**Task details:**
Among the records that follow, set down only the lines from the one containing "parts : (b : Bool)" to the one containing "instance abbrev pub pair_eq", both included, exactly.

———

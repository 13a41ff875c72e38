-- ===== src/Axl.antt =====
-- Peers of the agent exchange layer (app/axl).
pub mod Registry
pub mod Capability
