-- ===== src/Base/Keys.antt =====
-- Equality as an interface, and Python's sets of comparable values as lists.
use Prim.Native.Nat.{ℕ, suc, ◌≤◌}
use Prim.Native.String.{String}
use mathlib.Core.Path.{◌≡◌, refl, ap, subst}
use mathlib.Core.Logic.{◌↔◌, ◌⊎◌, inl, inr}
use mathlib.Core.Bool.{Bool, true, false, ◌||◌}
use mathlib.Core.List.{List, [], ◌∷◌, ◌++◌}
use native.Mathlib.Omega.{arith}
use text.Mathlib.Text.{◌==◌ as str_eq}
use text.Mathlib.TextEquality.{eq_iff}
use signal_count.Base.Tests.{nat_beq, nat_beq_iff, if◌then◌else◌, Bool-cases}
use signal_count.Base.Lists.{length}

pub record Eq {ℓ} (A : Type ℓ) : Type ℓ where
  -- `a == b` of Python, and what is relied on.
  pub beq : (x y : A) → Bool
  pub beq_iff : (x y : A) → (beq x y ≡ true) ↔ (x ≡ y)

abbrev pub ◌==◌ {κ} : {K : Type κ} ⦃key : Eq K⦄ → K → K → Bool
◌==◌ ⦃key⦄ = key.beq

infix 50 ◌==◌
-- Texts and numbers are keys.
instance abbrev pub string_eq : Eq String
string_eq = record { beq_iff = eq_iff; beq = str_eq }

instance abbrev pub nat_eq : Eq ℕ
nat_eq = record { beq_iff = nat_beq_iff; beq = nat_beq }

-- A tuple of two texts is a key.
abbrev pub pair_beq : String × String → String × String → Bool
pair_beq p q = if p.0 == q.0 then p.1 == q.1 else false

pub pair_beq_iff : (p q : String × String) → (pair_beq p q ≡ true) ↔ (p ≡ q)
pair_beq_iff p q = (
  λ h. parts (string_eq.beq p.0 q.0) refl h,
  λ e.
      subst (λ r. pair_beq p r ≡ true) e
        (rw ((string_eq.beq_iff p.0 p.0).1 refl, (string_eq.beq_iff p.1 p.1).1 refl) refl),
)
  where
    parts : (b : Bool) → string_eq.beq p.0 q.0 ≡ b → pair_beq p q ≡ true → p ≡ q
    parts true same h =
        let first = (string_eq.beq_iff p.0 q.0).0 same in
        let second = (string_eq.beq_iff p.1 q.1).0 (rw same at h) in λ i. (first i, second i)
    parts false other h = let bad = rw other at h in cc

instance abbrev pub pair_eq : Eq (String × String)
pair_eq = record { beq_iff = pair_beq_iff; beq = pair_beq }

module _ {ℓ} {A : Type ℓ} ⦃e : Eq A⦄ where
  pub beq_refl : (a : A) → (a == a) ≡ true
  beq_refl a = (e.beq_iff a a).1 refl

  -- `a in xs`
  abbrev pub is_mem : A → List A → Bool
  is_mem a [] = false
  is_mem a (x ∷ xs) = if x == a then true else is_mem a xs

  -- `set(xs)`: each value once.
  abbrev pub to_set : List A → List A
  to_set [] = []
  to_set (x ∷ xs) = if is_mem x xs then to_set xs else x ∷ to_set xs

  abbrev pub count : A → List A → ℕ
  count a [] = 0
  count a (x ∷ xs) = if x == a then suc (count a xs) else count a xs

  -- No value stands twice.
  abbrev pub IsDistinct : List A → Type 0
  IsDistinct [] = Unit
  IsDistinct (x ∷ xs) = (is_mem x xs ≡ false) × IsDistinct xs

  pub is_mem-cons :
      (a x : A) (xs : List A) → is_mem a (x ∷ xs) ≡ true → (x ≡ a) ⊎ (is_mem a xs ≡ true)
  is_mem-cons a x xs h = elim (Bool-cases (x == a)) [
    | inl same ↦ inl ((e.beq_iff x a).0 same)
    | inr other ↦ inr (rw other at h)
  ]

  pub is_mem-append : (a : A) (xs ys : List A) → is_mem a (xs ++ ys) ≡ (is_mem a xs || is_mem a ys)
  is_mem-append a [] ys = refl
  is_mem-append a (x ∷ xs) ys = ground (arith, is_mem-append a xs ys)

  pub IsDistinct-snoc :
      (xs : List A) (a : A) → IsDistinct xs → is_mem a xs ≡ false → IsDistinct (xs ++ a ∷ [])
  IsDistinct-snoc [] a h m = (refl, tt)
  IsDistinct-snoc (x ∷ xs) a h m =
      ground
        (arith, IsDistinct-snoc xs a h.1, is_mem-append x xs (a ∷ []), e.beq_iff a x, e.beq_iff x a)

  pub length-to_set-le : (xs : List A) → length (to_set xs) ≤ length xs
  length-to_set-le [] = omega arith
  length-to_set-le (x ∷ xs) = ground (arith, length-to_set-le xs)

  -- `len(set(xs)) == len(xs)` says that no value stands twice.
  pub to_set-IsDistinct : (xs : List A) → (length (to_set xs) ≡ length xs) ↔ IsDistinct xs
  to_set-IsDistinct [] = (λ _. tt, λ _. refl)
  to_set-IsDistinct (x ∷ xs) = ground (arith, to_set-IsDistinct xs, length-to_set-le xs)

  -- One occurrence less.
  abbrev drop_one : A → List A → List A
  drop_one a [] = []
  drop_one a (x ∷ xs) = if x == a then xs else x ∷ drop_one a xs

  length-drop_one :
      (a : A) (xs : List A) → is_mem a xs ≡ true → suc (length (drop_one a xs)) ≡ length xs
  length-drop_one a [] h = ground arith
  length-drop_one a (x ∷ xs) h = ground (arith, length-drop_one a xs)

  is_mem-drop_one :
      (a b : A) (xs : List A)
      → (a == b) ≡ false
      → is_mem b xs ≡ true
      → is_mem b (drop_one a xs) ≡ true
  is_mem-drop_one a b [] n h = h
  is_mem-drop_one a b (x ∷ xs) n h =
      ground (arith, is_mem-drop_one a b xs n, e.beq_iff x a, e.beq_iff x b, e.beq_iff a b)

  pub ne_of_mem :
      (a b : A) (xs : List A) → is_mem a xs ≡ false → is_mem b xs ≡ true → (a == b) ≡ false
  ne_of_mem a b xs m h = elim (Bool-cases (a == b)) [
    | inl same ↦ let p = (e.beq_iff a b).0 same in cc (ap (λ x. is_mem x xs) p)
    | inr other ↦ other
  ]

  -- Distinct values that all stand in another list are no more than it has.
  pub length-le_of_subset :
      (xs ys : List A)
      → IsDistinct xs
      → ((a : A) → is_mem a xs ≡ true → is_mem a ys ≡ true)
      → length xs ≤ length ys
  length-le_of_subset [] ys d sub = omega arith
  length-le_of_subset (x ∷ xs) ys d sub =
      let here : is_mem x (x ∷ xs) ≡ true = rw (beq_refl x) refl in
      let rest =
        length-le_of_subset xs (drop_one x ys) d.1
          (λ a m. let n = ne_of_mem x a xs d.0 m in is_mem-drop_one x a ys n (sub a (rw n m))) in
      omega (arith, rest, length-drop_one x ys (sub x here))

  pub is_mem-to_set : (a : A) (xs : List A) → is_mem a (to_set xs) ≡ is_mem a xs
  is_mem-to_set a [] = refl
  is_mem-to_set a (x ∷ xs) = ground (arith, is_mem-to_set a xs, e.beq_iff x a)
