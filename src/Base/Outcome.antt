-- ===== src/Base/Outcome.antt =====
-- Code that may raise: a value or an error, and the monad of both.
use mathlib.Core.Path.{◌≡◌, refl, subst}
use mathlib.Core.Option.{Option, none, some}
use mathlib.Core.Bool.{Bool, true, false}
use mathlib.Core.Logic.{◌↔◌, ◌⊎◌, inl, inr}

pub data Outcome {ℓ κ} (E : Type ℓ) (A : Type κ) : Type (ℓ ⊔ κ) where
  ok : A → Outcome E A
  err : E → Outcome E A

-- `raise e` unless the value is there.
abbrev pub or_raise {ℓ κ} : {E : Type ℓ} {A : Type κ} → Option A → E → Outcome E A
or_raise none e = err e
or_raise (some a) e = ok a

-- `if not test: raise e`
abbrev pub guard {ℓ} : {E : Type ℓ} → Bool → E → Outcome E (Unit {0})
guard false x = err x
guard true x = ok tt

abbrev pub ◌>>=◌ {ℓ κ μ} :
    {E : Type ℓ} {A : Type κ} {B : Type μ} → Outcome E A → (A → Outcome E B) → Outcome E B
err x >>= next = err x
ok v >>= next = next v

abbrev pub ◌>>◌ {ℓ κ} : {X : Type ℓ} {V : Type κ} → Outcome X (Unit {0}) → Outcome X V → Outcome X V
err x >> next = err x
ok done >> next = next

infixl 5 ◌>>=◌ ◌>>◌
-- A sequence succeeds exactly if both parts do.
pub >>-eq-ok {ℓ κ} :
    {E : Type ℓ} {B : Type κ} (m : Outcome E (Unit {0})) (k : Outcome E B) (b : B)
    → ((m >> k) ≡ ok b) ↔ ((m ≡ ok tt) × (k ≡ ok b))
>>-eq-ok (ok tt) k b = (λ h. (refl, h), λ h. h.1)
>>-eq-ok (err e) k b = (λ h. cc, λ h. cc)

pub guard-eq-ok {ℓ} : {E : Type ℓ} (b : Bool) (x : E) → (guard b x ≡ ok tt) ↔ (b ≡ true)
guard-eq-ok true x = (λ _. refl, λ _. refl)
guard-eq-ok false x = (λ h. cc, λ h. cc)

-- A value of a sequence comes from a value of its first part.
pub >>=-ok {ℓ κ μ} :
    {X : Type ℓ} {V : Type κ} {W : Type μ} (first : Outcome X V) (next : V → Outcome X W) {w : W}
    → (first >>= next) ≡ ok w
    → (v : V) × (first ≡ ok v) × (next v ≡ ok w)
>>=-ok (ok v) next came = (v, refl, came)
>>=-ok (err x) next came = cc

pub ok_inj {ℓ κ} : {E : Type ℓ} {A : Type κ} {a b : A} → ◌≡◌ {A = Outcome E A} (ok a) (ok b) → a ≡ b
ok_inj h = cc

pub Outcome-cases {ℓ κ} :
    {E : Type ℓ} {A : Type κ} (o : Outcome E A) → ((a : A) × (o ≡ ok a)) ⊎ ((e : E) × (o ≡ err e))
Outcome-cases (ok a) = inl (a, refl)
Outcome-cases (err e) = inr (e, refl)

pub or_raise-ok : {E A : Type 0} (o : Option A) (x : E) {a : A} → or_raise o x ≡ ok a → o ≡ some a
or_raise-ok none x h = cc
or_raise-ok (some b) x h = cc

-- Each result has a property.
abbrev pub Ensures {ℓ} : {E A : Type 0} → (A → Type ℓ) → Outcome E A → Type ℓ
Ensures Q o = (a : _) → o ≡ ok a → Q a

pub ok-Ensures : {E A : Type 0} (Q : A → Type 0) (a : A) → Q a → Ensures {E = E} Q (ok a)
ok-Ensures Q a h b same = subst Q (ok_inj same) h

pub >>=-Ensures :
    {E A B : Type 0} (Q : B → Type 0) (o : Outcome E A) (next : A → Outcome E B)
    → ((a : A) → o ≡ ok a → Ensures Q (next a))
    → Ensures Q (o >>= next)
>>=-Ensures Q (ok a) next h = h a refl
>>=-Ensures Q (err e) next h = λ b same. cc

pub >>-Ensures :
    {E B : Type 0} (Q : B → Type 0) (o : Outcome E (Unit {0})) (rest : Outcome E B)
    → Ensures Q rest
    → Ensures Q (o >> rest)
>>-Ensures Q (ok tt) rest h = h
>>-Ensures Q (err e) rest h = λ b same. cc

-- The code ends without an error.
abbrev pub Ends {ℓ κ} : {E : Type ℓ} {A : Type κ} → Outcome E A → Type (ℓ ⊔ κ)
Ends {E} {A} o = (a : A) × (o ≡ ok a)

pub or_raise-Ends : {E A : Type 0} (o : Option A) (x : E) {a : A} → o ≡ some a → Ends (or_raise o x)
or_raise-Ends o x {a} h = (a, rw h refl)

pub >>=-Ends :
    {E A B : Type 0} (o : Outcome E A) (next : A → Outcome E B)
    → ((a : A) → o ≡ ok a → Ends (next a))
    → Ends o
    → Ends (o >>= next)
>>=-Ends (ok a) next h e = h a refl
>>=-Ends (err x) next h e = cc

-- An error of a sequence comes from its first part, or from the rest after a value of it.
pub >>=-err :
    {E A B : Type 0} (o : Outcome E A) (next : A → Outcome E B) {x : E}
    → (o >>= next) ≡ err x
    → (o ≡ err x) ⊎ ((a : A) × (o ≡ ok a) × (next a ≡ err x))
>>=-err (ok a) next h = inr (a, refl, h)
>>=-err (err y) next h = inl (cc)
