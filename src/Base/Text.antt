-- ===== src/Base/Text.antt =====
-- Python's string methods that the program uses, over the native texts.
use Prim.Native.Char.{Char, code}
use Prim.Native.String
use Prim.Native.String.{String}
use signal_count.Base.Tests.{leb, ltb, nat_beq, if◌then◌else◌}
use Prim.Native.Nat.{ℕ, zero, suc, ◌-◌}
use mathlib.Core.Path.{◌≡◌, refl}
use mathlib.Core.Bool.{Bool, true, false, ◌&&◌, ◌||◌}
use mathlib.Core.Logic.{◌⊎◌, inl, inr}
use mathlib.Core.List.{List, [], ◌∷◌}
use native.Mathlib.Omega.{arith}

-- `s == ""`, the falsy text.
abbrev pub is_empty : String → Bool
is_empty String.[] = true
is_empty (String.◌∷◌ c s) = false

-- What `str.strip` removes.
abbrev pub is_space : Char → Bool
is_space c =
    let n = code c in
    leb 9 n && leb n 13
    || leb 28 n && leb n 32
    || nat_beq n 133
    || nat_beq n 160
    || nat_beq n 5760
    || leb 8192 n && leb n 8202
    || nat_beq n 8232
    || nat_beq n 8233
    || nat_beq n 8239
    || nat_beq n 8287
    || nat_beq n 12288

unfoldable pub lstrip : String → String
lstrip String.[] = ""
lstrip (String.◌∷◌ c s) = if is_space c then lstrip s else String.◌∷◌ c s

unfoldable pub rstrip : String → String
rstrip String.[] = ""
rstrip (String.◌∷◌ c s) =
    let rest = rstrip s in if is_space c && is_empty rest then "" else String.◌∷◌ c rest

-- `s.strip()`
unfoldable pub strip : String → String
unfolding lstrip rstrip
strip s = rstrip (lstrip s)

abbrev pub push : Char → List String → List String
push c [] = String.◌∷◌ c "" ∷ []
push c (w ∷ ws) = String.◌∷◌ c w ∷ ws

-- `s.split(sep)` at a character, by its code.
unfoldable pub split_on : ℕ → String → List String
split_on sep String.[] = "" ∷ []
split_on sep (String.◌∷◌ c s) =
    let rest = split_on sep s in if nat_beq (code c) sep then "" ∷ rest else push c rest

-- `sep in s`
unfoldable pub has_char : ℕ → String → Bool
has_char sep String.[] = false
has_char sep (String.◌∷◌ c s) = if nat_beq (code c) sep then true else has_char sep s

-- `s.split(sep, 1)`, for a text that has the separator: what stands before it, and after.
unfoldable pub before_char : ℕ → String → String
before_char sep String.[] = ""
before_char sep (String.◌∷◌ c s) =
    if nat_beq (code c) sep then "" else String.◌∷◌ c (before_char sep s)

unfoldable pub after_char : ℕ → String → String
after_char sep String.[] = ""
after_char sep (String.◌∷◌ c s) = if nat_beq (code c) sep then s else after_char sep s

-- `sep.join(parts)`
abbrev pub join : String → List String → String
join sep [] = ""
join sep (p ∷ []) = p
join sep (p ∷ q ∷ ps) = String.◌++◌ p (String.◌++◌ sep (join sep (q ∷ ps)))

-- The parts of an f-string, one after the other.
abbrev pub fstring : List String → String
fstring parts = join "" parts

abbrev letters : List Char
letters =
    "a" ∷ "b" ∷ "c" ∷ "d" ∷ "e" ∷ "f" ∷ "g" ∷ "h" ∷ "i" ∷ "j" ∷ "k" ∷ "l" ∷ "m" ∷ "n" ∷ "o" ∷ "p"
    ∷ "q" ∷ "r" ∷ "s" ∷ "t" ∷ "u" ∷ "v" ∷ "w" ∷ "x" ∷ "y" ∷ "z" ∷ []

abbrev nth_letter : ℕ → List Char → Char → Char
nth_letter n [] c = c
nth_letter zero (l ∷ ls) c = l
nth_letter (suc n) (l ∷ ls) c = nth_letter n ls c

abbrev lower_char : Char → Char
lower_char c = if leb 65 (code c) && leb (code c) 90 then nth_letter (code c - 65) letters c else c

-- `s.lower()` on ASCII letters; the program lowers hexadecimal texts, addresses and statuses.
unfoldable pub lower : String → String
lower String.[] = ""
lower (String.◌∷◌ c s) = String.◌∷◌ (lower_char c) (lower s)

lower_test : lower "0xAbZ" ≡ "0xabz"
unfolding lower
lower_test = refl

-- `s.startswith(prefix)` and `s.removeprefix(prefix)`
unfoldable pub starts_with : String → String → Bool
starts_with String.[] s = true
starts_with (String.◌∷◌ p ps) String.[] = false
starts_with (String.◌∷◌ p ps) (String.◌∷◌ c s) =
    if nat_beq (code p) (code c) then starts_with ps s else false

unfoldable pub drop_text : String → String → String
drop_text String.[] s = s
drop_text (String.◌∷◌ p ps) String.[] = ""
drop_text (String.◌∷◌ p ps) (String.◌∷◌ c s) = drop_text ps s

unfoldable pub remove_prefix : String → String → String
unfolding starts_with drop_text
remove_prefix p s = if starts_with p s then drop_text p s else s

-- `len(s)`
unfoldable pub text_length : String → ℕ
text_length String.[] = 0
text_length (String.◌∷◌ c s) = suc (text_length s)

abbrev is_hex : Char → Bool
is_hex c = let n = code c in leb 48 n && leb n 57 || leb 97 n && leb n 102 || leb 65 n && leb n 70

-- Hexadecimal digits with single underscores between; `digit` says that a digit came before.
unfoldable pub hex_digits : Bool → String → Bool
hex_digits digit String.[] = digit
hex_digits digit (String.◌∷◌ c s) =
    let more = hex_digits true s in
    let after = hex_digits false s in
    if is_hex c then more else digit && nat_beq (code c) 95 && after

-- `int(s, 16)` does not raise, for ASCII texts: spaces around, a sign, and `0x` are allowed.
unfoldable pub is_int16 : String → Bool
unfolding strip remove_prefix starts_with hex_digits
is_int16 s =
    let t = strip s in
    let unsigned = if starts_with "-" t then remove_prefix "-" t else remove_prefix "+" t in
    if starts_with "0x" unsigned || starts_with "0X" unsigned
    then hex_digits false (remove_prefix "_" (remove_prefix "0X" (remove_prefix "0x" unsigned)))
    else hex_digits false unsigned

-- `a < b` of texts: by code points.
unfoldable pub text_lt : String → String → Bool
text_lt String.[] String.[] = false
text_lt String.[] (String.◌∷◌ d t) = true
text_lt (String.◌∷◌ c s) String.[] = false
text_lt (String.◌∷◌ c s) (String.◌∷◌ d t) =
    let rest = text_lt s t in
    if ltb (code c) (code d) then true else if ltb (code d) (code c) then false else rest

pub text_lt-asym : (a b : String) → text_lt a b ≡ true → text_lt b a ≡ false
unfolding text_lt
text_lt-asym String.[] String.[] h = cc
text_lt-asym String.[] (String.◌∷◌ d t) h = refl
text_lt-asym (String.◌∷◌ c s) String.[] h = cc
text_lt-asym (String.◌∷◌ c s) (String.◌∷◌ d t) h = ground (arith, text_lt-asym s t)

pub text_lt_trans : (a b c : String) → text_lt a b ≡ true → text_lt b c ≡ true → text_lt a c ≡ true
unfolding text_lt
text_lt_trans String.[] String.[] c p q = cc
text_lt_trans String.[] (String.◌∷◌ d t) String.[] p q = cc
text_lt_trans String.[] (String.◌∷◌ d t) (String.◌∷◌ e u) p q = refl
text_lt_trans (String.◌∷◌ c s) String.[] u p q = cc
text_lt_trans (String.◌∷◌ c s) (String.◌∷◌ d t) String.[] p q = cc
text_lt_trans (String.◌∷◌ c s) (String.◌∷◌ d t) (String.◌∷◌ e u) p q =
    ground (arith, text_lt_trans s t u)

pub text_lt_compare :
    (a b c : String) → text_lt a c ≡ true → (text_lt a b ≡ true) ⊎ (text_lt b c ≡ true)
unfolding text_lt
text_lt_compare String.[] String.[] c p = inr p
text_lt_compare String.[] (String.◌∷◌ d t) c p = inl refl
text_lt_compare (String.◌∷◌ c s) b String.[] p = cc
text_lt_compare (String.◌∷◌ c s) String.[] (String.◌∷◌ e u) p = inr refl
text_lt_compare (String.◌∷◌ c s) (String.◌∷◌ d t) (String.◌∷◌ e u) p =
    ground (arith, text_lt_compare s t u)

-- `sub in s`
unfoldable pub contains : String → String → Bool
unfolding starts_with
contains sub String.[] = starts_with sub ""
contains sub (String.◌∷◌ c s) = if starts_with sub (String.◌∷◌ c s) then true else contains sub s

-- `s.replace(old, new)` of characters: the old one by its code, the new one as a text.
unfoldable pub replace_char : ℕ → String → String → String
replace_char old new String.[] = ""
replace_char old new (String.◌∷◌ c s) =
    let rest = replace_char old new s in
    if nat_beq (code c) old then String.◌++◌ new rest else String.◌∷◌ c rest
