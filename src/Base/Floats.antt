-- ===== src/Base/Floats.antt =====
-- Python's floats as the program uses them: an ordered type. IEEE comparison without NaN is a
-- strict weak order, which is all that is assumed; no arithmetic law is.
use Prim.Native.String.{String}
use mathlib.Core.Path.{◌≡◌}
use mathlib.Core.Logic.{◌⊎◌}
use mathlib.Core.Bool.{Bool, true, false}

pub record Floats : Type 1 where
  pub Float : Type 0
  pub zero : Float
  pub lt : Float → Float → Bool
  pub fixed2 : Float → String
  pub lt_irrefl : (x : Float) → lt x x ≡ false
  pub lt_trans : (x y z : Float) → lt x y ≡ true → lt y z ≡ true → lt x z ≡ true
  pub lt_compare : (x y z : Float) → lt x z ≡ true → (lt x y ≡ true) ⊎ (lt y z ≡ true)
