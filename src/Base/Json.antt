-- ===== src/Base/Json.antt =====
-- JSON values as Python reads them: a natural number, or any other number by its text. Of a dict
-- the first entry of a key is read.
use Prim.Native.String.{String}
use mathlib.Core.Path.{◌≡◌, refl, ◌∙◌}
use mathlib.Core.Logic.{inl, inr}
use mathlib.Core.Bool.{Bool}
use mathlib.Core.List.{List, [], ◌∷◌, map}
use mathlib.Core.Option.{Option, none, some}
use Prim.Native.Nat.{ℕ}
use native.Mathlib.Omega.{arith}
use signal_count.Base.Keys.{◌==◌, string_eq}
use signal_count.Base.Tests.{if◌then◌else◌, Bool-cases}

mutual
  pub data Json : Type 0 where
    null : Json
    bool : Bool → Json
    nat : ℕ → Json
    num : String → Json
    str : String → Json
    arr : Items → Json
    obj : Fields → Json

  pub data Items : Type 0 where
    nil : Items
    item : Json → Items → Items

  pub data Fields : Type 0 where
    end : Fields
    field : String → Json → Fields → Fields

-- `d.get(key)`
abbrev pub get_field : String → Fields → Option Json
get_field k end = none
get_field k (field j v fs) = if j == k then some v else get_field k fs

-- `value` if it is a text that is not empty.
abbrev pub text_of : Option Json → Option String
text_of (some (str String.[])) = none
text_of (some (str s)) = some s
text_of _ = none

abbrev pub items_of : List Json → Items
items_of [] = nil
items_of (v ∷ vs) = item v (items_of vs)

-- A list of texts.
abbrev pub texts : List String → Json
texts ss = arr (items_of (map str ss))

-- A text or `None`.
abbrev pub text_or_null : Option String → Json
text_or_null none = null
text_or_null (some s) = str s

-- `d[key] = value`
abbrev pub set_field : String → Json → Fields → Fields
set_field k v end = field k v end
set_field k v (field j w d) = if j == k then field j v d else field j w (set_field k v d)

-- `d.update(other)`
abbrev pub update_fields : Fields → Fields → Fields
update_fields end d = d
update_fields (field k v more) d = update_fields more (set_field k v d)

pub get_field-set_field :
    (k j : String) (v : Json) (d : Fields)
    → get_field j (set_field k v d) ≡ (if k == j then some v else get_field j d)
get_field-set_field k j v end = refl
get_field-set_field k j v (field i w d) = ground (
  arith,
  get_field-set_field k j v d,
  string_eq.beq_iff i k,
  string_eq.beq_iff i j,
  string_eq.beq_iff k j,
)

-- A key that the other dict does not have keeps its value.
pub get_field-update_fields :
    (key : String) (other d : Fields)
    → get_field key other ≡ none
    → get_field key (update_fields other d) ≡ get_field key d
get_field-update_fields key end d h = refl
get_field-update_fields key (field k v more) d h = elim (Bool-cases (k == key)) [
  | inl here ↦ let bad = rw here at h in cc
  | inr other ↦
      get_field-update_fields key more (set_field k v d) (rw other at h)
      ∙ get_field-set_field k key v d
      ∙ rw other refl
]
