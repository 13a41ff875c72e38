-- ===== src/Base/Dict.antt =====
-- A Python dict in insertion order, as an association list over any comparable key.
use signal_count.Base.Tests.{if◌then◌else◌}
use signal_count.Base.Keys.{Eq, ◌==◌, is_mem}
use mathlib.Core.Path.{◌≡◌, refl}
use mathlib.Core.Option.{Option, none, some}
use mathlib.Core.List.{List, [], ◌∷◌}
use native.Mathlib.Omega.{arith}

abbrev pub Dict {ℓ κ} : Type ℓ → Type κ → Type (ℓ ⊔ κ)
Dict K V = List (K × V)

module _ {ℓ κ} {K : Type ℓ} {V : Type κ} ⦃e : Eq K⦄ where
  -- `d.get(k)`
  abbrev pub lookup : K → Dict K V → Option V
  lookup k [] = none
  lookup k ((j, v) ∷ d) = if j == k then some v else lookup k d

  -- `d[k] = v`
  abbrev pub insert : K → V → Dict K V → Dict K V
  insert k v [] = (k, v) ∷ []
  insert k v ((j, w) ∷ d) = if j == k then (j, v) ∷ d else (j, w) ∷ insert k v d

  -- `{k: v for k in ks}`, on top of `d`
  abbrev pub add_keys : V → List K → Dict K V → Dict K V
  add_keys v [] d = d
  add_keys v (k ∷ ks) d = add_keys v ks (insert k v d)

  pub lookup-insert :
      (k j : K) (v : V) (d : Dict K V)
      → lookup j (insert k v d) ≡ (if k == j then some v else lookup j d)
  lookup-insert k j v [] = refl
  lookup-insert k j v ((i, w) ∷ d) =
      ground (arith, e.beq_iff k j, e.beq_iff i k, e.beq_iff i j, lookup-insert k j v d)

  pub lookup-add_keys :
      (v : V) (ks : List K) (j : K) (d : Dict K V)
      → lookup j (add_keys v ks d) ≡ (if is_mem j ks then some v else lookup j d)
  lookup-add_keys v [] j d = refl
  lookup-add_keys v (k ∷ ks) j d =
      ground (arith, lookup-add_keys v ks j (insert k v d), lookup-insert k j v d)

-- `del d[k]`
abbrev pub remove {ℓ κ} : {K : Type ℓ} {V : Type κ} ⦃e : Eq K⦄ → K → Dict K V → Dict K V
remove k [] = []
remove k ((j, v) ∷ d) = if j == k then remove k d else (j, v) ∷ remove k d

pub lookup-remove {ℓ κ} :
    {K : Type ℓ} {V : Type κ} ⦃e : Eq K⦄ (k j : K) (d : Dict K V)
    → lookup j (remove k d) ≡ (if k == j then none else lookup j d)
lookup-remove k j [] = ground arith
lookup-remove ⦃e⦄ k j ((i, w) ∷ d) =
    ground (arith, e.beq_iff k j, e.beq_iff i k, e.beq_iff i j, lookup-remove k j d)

———

**Output of the task:**
    parts : (b : Bool) → string_eq.beq p.0 q.0 ≡ b → pair_beq p q ≡ true → p ≡ q
    parts true same h =
        let first = (string_eq.beq_iff p.0 q.0).0 same in
        let second = (string_eq.beq_iff p.1 q.1).0 (rw same at h) in λ i. (first i, second i)
    parts false other h = let bad = rw other at h in cc

instance abbrev pub pair_eq : Eq (String × String)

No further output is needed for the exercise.